§ INPUT MATERIAL
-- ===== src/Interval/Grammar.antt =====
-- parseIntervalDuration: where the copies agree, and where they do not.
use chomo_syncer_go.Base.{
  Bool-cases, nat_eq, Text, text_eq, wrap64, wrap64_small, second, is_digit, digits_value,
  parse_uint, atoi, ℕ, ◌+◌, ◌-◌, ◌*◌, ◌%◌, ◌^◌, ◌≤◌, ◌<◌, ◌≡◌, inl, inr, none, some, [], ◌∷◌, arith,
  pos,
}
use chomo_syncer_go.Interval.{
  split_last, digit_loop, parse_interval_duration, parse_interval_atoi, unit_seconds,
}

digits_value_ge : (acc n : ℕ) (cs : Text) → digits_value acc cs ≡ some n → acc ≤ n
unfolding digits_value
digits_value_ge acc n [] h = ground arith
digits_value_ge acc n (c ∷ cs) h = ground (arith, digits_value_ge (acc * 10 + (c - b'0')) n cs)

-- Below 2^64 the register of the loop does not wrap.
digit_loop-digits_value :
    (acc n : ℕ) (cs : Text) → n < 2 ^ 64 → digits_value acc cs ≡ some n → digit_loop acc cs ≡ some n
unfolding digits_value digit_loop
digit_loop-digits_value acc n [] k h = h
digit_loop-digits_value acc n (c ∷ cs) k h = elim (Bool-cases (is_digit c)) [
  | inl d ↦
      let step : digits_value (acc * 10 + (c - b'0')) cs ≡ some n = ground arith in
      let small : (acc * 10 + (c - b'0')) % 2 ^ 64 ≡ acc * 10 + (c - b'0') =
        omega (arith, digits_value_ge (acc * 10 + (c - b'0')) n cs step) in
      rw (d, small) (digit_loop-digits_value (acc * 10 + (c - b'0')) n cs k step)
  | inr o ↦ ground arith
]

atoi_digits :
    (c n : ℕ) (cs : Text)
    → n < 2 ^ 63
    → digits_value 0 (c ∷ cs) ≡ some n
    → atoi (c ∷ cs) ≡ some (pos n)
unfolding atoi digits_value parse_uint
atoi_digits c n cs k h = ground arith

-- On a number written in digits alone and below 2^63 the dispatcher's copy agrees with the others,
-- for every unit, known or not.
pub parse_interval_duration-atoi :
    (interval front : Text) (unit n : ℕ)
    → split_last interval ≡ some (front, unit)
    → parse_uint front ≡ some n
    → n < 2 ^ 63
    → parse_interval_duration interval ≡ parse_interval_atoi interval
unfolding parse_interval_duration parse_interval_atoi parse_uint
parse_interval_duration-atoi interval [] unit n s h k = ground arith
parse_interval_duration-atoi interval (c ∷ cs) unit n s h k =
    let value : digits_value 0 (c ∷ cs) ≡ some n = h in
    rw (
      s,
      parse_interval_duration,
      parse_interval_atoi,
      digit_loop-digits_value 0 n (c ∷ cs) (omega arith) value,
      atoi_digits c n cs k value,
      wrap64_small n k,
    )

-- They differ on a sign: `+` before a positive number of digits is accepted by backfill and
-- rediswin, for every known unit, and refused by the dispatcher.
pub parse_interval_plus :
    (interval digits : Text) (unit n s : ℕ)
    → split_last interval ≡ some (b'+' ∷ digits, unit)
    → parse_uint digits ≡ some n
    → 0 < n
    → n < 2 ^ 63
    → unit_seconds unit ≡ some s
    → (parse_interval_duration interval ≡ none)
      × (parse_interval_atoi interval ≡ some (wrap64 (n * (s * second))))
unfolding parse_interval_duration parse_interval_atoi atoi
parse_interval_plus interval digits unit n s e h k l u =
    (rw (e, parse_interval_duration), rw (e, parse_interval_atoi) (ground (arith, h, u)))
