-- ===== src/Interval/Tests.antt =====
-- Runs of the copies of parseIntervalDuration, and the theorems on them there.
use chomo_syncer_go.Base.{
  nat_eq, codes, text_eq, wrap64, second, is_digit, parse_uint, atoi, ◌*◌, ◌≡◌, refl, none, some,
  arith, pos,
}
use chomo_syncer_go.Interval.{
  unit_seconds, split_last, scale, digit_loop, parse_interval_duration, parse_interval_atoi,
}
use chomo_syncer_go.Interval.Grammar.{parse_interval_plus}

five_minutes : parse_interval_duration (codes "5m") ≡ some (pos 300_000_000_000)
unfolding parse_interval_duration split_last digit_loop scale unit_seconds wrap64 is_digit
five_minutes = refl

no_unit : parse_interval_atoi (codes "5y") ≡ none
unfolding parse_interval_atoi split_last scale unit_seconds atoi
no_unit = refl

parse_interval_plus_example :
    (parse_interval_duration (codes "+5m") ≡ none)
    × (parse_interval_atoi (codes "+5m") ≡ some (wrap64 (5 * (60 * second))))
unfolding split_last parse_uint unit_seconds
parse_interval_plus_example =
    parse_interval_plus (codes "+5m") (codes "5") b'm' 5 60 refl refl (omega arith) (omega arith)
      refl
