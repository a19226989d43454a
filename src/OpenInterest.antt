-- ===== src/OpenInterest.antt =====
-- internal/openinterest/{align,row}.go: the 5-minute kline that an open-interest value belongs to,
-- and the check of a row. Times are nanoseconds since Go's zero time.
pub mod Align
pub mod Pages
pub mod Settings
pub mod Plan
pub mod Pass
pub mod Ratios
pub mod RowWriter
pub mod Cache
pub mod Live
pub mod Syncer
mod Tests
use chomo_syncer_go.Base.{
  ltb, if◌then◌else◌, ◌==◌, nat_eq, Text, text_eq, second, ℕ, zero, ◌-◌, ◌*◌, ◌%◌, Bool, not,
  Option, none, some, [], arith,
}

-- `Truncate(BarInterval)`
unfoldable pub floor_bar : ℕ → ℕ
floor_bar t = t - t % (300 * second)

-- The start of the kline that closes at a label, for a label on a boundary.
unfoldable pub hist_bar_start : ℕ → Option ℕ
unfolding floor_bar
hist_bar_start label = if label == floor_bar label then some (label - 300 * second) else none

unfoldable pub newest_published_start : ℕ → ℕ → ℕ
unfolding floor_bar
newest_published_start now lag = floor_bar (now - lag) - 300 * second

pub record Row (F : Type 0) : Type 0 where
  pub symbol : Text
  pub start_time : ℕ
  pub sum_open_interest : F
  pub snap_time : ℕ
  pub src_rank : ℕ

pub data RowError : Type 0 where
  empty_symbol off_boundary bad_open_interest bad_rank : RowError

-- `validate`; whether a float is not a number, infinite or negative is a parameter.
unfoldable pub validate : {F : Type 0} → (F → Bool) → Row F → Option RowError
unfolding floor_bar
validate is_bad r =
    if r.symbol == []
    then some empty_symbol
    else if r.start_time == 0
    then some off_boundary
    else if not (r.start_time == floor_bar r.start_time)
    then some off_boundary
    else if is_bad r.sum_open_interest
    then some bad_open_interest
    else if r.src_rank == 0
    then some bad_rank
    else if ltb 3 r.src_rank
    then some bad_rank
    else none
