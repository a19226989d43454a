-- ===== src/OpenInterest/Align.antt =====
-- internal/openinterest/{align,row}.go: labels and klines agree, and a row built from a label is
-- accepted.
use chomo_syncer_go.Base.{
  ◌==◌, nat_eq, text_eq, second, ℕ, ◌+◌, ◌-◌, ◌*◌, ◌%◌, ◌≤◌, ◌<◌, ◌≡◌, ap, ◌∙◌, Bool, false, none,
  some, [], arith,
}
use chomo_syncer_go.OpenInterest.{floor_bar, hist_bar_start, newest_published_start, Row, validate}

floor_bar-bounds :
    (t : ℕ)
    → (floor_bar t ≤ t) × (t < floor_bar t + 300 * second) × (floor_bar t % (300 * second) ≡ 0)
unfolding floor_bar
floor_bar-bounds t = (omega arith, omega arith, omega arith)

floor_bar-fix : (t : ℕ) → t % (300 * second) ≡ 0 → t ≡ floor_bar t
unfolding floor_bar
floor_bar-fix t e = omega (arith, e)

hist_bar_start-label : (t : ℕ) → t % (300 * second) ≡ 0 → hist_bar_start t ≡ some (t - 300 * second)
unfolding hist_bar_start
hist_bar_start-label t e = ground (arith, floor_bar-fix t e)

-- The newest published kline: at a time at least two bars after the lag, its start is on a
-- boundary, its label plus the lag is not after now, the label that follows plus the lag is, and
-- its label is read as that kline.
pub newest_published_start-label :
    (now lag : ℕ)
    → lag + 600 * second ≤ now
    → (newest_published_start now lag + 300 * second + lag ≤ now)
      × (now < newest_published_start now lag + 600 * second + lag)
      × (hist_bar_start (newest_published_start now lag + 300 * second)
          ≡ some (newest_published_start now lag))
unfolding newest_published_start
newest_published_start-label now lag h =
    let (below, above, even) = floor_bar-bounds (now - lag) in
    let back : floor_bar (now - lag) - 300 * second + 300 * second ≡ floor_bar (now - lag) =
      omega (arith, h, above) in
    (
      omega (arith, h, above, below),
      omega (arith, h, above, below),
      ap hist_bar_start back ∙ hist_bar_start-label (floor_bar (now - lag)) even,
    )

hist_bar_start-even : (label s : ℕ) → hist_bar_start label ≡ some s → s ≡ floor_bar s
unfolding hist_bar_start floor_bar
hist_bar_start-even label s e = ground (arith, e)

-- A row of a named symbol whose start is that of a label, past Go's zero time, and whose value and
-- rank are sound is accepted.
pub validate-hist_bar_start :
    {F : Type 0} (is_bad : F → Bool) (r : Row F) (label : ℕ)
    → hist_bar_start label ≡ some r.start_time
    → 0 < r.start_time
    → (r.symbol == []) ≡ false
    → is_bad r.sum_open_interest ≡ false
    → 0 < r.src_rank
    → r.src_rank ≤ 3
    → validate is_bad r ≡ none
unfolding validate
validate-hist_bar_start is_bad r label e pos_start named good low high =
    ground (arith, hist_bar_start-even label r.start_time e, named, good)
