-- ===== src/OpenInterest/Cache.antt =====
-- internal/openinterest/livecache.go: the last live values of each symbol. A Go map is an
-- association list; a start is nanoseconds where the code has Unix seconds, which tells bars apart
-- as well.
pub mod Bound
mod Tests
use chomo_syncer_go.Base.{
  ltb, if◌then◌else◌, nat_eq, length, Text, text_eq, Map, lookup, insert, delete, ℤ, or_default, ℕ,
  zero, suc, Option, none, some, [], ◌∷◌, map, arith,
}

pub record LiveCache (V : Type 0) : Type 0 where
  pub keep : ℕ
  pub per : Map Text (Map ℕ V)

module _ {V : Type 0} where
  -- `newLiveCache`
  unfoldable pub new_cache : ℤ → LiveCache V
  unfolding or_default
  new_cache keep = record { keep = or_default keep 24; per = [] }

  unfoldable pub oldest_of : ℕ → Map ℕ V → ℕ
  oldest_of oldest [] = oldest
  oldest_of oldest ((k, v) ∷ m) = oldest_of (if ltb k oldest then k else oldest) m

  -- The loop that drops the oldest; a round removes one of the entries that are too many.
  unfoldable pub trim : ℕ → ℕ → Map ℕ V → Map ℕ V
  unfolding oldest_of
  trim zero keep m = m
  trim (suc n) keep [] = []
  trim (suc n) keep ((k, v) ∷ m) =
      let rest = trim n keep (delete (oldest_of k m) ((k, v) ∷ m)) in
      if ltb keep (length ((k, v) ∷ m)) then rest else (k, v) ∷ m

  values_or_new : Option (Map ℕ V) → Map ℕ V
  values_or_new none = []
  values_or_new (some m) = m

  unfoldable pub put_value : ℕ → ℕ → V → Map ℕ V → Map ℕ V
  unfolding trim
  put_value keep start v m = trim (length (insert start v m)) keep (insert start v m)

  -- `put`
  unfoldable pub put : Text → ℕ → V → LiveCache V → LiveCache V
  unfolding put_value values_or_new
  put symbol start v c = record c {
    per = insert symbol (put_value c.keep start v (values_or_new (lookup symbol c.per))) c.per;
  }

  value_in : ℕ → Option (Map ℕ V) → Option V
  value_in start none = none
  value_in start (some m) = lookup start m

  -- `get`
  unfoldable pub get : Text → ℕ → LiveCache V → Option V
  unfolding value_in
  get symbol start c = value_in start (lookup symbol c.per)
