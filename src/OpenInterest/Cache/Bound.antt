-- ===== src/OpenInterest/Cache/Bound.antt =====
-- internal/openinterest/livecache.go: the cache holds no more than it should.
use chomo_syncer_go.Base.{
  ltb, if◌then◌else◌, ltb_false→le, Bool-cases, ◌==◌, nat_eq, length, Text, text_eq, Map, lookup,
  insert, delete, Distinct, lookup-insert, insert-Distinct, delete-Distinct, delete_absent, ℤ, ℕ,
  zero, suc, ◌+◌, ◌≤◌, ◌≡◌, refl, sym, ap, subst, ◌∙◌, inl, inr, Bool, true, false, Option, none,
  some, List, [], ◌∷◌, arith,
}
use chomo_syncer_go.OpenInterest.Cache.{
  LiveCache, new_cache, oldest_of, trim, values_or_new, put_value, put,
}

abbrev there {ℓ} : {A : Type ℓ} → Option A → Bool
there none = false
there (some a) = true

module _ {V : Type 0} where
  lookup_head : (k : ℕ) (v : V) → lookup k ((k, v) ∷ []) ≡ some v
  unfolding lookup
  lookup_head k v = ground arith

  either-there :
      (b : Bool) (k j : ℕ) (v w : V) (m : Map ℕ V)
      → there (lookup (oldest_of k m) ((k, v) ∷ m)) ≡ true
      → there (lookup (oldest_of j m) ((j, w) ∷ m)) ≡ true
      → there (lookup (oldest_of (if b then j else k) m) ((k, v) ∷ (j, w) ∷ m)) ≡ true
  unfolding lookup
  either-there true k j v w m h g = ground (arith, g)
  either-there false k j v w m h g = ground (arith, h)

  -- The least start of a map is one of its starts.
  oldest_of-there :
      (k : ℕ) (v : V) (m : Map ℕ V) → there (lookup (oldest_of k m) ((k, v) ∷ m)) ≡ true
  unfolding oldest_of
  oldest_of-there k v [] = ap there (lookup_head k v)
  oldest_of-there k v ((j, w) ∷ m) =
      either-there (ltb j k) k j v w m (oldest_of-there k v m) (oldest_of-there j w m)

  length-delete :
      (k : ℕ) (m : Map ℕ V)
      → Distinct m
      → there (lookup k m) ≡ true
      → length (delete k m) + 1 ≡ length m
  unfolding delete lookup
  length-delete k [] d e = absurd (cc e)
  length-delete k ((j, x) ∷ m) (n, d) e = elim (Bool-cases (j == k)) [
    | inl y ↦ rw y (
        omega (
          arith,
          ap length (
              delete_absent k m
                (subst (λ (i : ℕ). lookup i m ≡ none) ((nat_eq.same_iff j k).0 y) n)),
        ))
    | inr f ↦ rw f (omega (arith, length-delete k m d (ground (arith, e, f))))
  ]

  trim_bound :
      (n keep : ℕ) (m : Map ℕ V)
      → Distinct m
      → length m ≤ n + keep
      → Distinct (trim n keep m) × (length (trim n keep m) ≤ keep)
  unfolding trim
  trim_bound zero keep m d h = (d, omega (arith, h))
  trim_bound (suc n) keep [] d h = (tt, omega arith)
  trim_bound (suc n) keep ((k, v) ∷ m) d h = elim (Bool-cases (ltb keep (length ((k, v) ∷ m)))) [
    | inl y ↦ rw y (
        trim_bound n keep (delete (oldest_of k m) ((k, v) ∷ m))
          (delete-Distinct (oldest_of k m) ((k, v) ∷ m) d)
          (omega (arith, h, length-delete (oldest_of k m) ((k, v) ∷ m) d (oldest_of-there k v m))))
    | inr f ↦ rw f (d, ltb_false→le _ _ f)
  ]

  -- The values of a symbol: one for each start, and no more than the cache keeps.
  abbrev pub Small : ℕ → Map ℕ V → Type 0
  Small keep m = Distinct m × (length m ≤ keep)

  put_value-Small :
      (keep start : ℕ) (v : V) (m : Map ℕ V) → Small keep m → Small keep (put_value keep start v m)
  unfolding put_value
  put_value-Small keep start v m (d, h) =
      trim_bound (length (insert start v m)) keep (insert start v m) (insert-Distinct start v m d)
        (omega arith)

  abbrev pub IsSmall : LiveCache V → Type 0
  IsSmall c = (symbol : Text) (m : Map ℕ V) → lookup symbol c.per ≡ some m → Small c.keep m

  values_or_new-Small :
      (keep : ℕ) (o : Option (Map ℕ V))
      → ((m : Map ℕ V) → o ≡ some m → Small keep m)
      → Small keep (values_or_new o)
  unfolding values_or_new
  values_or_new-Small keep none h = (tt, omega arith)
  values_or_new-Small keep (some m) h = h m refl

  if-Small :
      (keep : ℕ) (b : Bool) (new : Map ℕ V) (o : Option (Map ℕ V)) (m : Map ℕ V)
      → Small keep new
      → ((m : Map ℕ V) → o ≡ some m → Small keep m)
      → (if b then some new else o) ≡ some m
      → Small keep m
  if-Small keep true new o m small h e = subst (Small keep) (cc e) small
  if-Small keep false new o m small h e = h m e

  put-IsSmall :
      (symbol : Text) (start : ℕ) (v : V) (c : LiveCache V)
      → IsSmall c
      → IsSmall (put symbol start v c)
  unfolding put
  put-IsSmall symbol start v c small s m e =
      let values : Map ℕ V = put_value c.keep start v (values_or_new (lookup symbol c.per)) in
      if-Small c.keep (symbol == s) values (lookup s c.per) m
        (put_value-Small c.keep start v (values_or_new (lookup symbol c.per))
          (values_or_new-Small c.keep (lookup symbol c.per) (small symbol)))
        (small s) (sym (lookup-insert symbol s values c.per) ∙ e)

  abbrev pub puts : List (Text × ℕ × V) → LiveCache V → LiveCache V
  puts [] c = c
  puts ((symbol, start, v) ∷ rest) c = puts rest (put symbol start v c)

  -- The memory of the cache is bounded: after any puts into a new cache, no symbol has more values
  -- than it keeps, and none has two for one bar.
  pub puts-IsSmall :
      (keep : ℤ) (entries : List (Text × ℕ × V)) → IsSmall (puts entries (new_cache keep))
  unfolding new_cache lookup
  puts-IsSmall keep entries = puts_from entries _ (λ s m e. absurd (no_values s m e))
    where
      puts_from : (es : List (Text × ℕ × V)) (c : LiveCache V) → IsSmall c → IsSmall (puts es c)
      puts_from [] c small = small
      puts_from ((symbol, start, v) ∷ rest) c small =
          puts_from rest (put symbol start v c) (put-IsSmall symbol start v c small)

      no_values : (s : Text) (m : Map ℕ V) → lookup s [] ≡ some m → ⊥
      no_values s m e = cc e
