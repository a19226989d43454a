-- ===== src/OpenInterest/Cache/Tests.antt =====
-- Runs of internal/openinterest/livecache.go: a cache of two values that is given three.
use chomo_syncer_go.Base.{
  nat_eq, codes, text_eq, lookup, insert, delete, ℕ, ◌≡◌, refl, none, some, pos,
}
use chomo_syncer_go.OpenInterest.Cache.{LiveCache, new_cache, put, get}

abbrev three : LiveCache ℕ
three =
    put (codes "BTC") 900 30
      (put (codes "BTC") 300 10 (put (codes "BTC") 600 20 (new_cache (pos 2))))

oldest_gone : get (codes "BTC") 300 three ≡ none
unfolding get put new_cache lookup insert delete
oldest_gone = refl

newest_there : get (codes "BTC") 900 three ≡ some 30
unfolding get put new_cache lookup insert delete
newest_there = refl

§ TASK BRIEF
Return every line from the material that contains the word "unfoldable".

§ RESULT
unfoldable pub floor_bar : ℕ → ℕ
unfoldable pub hist_bar_start : ℕ → Option ℕ
unfoldable pub newest_published_start : ℕ → ℕ → ℕ
unfoldable pub validate : {F : Type 0} → (F → Bool) → Row F → Option RowError
  unfoldable pub new_cache : ℤ → LiveCache V
  unfoldable pub oldest_of : ℕ → Map ℕ V → ℕ
  unfoldable pub trim : ℕ → ℕ → Map ℕ V → Map ℕ V
  unfoldable pub put_value : ℕ → ℕ → V → Map ℕ V → Map ℕ V
  unfoldable pub put : Text → ℕ → V → LiveCache V → LiveCache V
  unfoldable pub get : Text → ℕ → LiveCache V → Option V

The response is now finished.